> _Assigned task_
Look through the data below and extract, unchanged, the lines from the one that contains "pure (cons v vs)" to the one that contains "then read_float32_delta F previous true", both included.

> _Records_
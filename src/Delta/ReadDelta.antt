-- ===== src/Delta/ReadDelta.antt =====
-- `read_patched_value` of viewer.rs: a value from what differs from the one before.
use halospawns_infra.Prelude.{
  ℕ, zero, suc, ◌+◌, Bool, true, false, Option, some, List, ltb, ◌==◌, if◌then◌else◌,
}
use halospawns_infra.Prelude.Results.{ok_or}
use halospawns_infra.Delta.Error.{
  patch_depth, missing_same_base, malformed_object_base, malformed_array_base,
  malformed_array_index, undefined_item, malformed_dense_base, unknown_delta_tag,
}
use halospawns_infra.Delta.Codes.{
  delta_same, delta_replace, delta_object, delta_array, delta_number_xor, delta_float32_xor,
  delta_integer_difference, delta_dense_array, delta_dense_float32_difference_array,
  delta_float32_difference, delta_dense_float32_xor_array, delta_dense_float32_bit_prediction_array,
  delta_dense_float32_value_prediction_array, delta_float32_bit_prediction,
  delta_float32_value_prediction, delta_dense_float32_bitpacked_array,
}
use halospawns_infra.Delta.Floats.{Floats}
use halospawns_infra.Delta.Value.{
  Value, array, object, Items, nil, cons, Fields, items_of, fields_of, and_then, item_at, field_at,
  insert, shift_remove,
}
use halospawns_infra.Delta.Reader
use halospawns_infra.Delta.Reader.{M, ◌>>=◌, pure, raise, lift_result, byte, varuint}
use halospawns_infra.Delta.Read.{read_value}
use halospawns_infra.Delta.Slots.{Slots, slots_of, put_slot, all_slots}
use halospawns_infra.Delta.PatchNumber.{
  read_number_xor, read_float32_delta, read_integer_delta, read_prediction,
}
use halospawns_infra.Delta.PatchFloats.{read_float_array}

-- A patch of the value at one place: the value there before, and the one before that.
abbrev pub Patcher : Type 0
Patcher = Option Value → Option Value → M Value

module _ (F : Floats) (is_utf8 : List ℕ → Bool) where
  -- `for _ in 0..reader.varuint()? { output.shift_remove(reader.string()?) }`
  unfoldable pub read_deletions : ℕ → Fields → M Fields
  read_deletions zero output = pure output
  read_deletions (suc n) output = do
    k ← Reader.string is_utf8
    read_deletions n (shift_remove output k)

  unfoldable pub read_changes : ℕ → Patcher → Fields → Option Fields → Fields → M Fields
  read_changes zero patch previous before output = pure output
  read_changes (suc n) patch previous before output = do
    k ← Reader.string is_utf8
    v ← patch (field_at previous k) (and_then before (λ bs. field_at bs k))
    read_changes n patch previous before (insert output k v)

  -- DELTA_OBJECT
  unfoldable pub patch_object : Patcher → Option Value → Option Value → M Value
  patch_object patch previous before = do
    ps ← lift_result (ok_or (and_then previous fields_of) malformed_object_base)
    deletions ← varuint
    kept ← read_deletions deletions ps
    changes ← varuint
    fs ← read_changes changes patch ps (and_then before fields_of) kept
    pure (object fs)

  unfoldable pub read_slots : ℕ → Patcher → ℕ → Items → Option Items → Slots → M Slots
  read_slots zero patch length previous before output = pure output
  read_slots (suc n) patch length previous before output = do
    index ← varuint
    if ltb index length
        then (do
          v ← patch (item_at previous index) (and_then before (λ bs. item_at bs index))
          read_slots n patch length previous before (put_slot output index v))
        else raise malformed_array_index

  -- DELTA_ARRAY
  unfoldable pub patch_array : Patcher → Option Value → Option Value → M Value
  patch_array patch previous before = do
    ps ← lift_result (ok_or (and_then previous items_of) malformed_array_base)
    length ← varuint
    changes ← varuint
    slots ← read_slots changes patch length ps (and_then before items_of) (slots_of length ps)
    vs ← lift_result (ok_or (all_slots slots) undefined_item)
    pure (array vs)

  unfoldable pub read_dense : Items → ℕ → Patcher → Option Items → M Items
  read_dense nil i patch before = pure nil
  read_dense (cons p ps) i patch before = do
    v ← patch (some p) (and_then before (λ bs. item_at bs i))
    vs ← read_dense ps (i + 1) patch before
    pure (cons v vs)

  -- DELTA_DENSE_ARRAY
  unfoldable pub patch_dense : Patcher → Option Value → Option Value → M Value
  patch_dense patch previous before = do
    ps ← lift_result (ok_or (and_then previous items_of) malformed_dense_base)
    vs ← read_dense ps 0 patch (and_then before items_of)
    pure (array vs)

  -- The match on the tag; `patch` reads a value one level further down, `replaced` one at this level.
  unfoldable pub patch_tagged : Patcher → M Value → Option Value → Option Value → ℕ → M Value
  patch_tagged patch replaced previous before tag =
      if tag == delta_same
      then lift_result (ok_or previous missing_same_base)
      else if tag == delta_replace
      then replaced
      else if tag == delta_object
      then patch_object patch previous before
      else if tag == delta_array
      then patch_array patch previous before
      else if tag == delta_number_xor
      then read_number_xor previous
      else if tag == delta_float32_xor
      then read_float32_delta F previous true
      else if tag == delta_integer_difference
      then read_integer_delta F previous
      else if tag == delta_dense_array
      then patch_dense patch previous before
      else if tag == delta_float32_difference
      then read_float32_delta F previous false
      else if tag == delta_float32_bit_prediction
      then read_prediction F previous before true
      else if tag == delta_float32_value_prediction
      then read_prediction F previous before false
      else if tag == delta_dense_float32_difference_array
      then read_float_array F tag previous before
      else if tag == delta_dense_float32_xor_array
      then read_float_array F tag previous before
      else if tag == delta_dense_float32_bit_prediction_array
      then read_float_array F tag previous before
      else if tag == delta_dense_float32_value_prediction_array
      then read_float_array F tag previous before
      else if tag == delta_dense_float32_bitpacked_array
      then read_float_array F tag previous before
      else raise unknown_delta_tag

  -- fn read_patched_value, with the levels that are left as in `read_value`.
  unfoldable pub read_patched : ℕ → Option Value → Option Value → M Value
  read_patched zero previous before = raise patch_depth
  read_patched (suc levels) previous before = do
    tag ← byte
    patch_tagged (read_patched levels) (read_value F is_utf8 (suc levels)) previous before tag
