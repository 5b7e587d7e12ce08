-- ===== src/Delta/Chunk.antt =====
-- `encode_chunk` and `decode_chunk` of viewer.rs: up to 2048 ticks, the first one whole and the
-- others as deltas. `decode_chunk_semantic_hash` reads a chunk in the same way, and hashes the ticks.
pub mod RoundTrip
pub mod Scalars
use halospawns_infra.Prelude.{
  ℕ, zero, suc, ◌-◌, Bool, true, false, ◌&&◌, not, Option, none, some, List, [], ◌∷◌, length, ltb,
  leb, ◌==◌, if◌then◌else◌,
}
use halospawns_infra.Prelude.Results.{Result, ok, err}
use halospawns_infra.Delta.Error.{
  Error, empty_chunk, invalid_magic, unsupported_version, invalid_tick_count, trailing_bytes,
}
use halospawns_infra.Delta.Codes.{chunk_magic, chunk_version, keyframe_interval, max_json_depth}
use halospawns_infra.Delta.Floats.{Floats}
use halospawns_infra.Delta.Value.{Value}
use halospawns_infra.Delta.Writer
use halospawns_infra.Delta.Writer.{Write, Table, text_eq}
use halospawns_infra.Delta.Write.{write_value}
use halospawns_infra.Delta.WriteDelta.{write_delta}
use halospawns_infra.Delta.Reader
use halospawns_infra.Delta.Reader.{M, ◌>>=◌, ◌>>◌, BinaryReader, pure, raise, byte, varuint}
use halospawns_infra.Delta.Read.{read_value}
use halospawns_infra.Delta.ReadDelta.{read_patched}

abbrev pub bytes_of : Result Error (List ℕ × Table) → Result Error (List ℕ)
bytes_of (ok (out, table)) = ok out
bytes_of (err e) = err e

module _ (F : Floats) where
  -- `for index in 1..ticks.len()`, with the two ticks before.
  unfoldable pub write_ticks : Value → Option Value → List Value → Write
  write_ticks previous before [] = Writer.done
  write_ticks previous before (tick ∷ ticks) =
      Writer.◌>>◌ (write_delta F (some previous) tick before)
        (write_ticks tick (some previous) ticks)

  unfoldable pub write_chunk : ℕ → Value → List Value → Write
  write_chunk first_tick tick ticks = Writer.◌>>◌ (Writer.bytes chunk_magic) (
      Writer.◌>>◌ (Writer.byte chunk_version) (
        Writer.◌>>◌ (Writer.varuint first_tick) (
          Writer.◌>>◌ (Writer.varuint (suc (length ticks)))
            (Writer.◌>>◌ (write_value F tick) (write_ticks tick none ticks)))))

  -- fn encode_chunk
  unfoldable pub encode_chunk : List Value → ℕ → Result Error (List ℕ)
  unfolding write_chunk
  encode_chunk [] first_tick = err empty_chunk
  encode_chunk (tick ∷ ticks) first_tick = bytes_of (write_chunk first_tick tick ticks [])

-- The depth of a tick is 1.
abbrev pub levels : ℕ
levels = max_json_depth

module _ (F : Floats) (is_utf8 : List ℕ → Bool) where
  unfoldable pub read_ticks : ℕ → Value → Option Value → M (List Value)
  read_ticks zero previous before = pure []
  read_ticks (suc n) previous before = do
    tick ← read_patched F is_utf8 levels (some previous) before
    ticks ← read_ticks n tick (some previous)
    pure (tick ∷ ticks)

  -- `if reader.offset != bytes.len()`
  unfoldable pub end_of_bytes : M (Unit {0})
  end_of_bytes r = if length r.bytes == 0 then ok (tt, r) else err trailing_bytes

  unfoldable pub read_body : M (ℕ × List Value)
  read_body = do
    first_tick ← varuint
    count ← varuint
    if leb 1 count && leb count keyframe_interval
        then (do
          tick ← read_value F is_utf8 levels
          ticks ← read_ticks (count - 1) tick none
          end_of_bytes
          pure (first_tick, tick ∷ ticks))
        else raise invalid_tick_count

  unfoldable pub read_chunk : M (ℕ × List Value)
  read_chunk = do
    magic ← Reader.bytes 4
    if not (text_eq magic chunk_magic) then raise invalid_magic else do
      version ← byte
      if version == chunk_version then read_body else raise unsupported_version

  abbrev value_of : Result Error ((ℕ × List Value) × BinaryReader) → Result Error (ℕ × List Value)
  value_of (ok (v, r)) = ok v
  value_of (err e) = err e

  -- fn decode_chunk
  unfoldable pub decode_chunk : List ℕ → Result Error (ℕ × List Value)
  decode_chunk bytes = value_of (read_chunk (record { bytes = bytes; strings = [] }))
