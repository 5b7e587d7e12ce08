-- ===== src/Delta/Keys.antt =====
-- Objects with distinct keys: inserting in order rebuilds them.
use halospawns_infra.Prelude.{◌≡◌, refl, ap, true, false, ◌||◌, arith}
use halospawns_infra.Delta.Codes.{Text}
use halospawns_infra.Delta.Wire.{text_eq_sound, text_eq_refl}
use halospawns_infra.Delta.Value.{Value, Fields, end, field, has_key, insert, append_fields}

-- No key of `acc` is one of `fs`.
abbrev pub Fresh : Fields → Fields → Type 0
Fresh acc fs = (k : Text) → has_key acc k ≡ true → has_key fs k ≡ false

pub append_fields_assoc :
    (a b c : Fields) → append_fields (append_fields a b) c ≡ append_fields a (append_fields b c)
unfolding append_fields
append_fields_assoc end b c = refl
append_fields_assoc (field k v a) b c = ap (λ t. field k v t) (append_fields_assoc a b c)

pub append_fields-end : (a : Fields) → append_fields a end ≡ a
unfolding append_fields
append_fields-end end = refl
append_fields-end (field k v a) = ap (λ t. field k v t) (append_fields-end a)

pub has_key-append :
    (a b : Fields) (k : Text) → has_key (append_fields a b) k ≡ (has_key a k || has_key b k)
unfolding has_key append_fields
has_key-append end b k = refl
has_key-append (field j v a) b k = ground (arith, has_key-append a b k)

pub insert-fresh :
    (acc : Fields) (k : Text) (v : Value)
    → has_key acc k ≡ false
    → insert acc k v ≡ append_fields acc (field k v end)
unfolding has_key insert append_fields
insert-fresh end k v h = refl
insert-fresh (field j w acc) k v h = ground (arith, insert-fresh acc k v)

pub Fresh-end : (fs : Fields) → Fresh end fs
unfolding has_key
Fresh-end fs k h = cc

pub Fresh-head :
    (acc fs : Fields) (k : Text) (v : Value) → Fresh acc (field k v fs) → has_key acc k ≡ false
unfolding has_key
Fresh-head acc fs k v fresh = ground (arith, fresh k, text_eq_refl k)

pub Fresh-tail :
    (acc fs : Fields) (k : Text) (v : Value)
    → Fresh acc (field k v fs)
    → has_key fs k ≡ false
    → Fresh (append_fields acc (field k v end)) fs
unfolding has_key
Fresh-tail acc fs k v fresh alone j h =
    ground (arith, has_key-append acc (field k v end) j, fresh j, text_eq_sound k j)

> _Solution to this exercise_
    pure (cons v vs)

  -- DELTA_DENSE_ARRAY
  unfoldable pub patch_dense : Patcher → Option Value → Option Value → M Value
  patch_dense patch previous before = do
    ps ← lift_result (ok_or (and_then previous items_of) malformed_dense_base)
    vs ← read_dense ps 0 patch (and_then before items_of)
    pure (array vs)

  -- The match on the tag; `patch` reads a value one level further down, `replaced` one at this level.
  unfoldable pub patch_tagged : Patcher → M Value → Option Value → Option Value → ℕ → M Value
  patch_tagged patch replaced previous before tag =
      if tag == delta_same
      then lift_result (ok_or previous missing_same_base)
      else if tag == delta_replace
      then replaced
      else if tag == delta_object
      then patch_object patch previous before
      else if tag == delta_array
      then patch_array patch previous before
      else if tag == delta_number_xor
      then read_number_xor previous
      else if tag == delta_float32_xor
      then read_float32_delta F previous true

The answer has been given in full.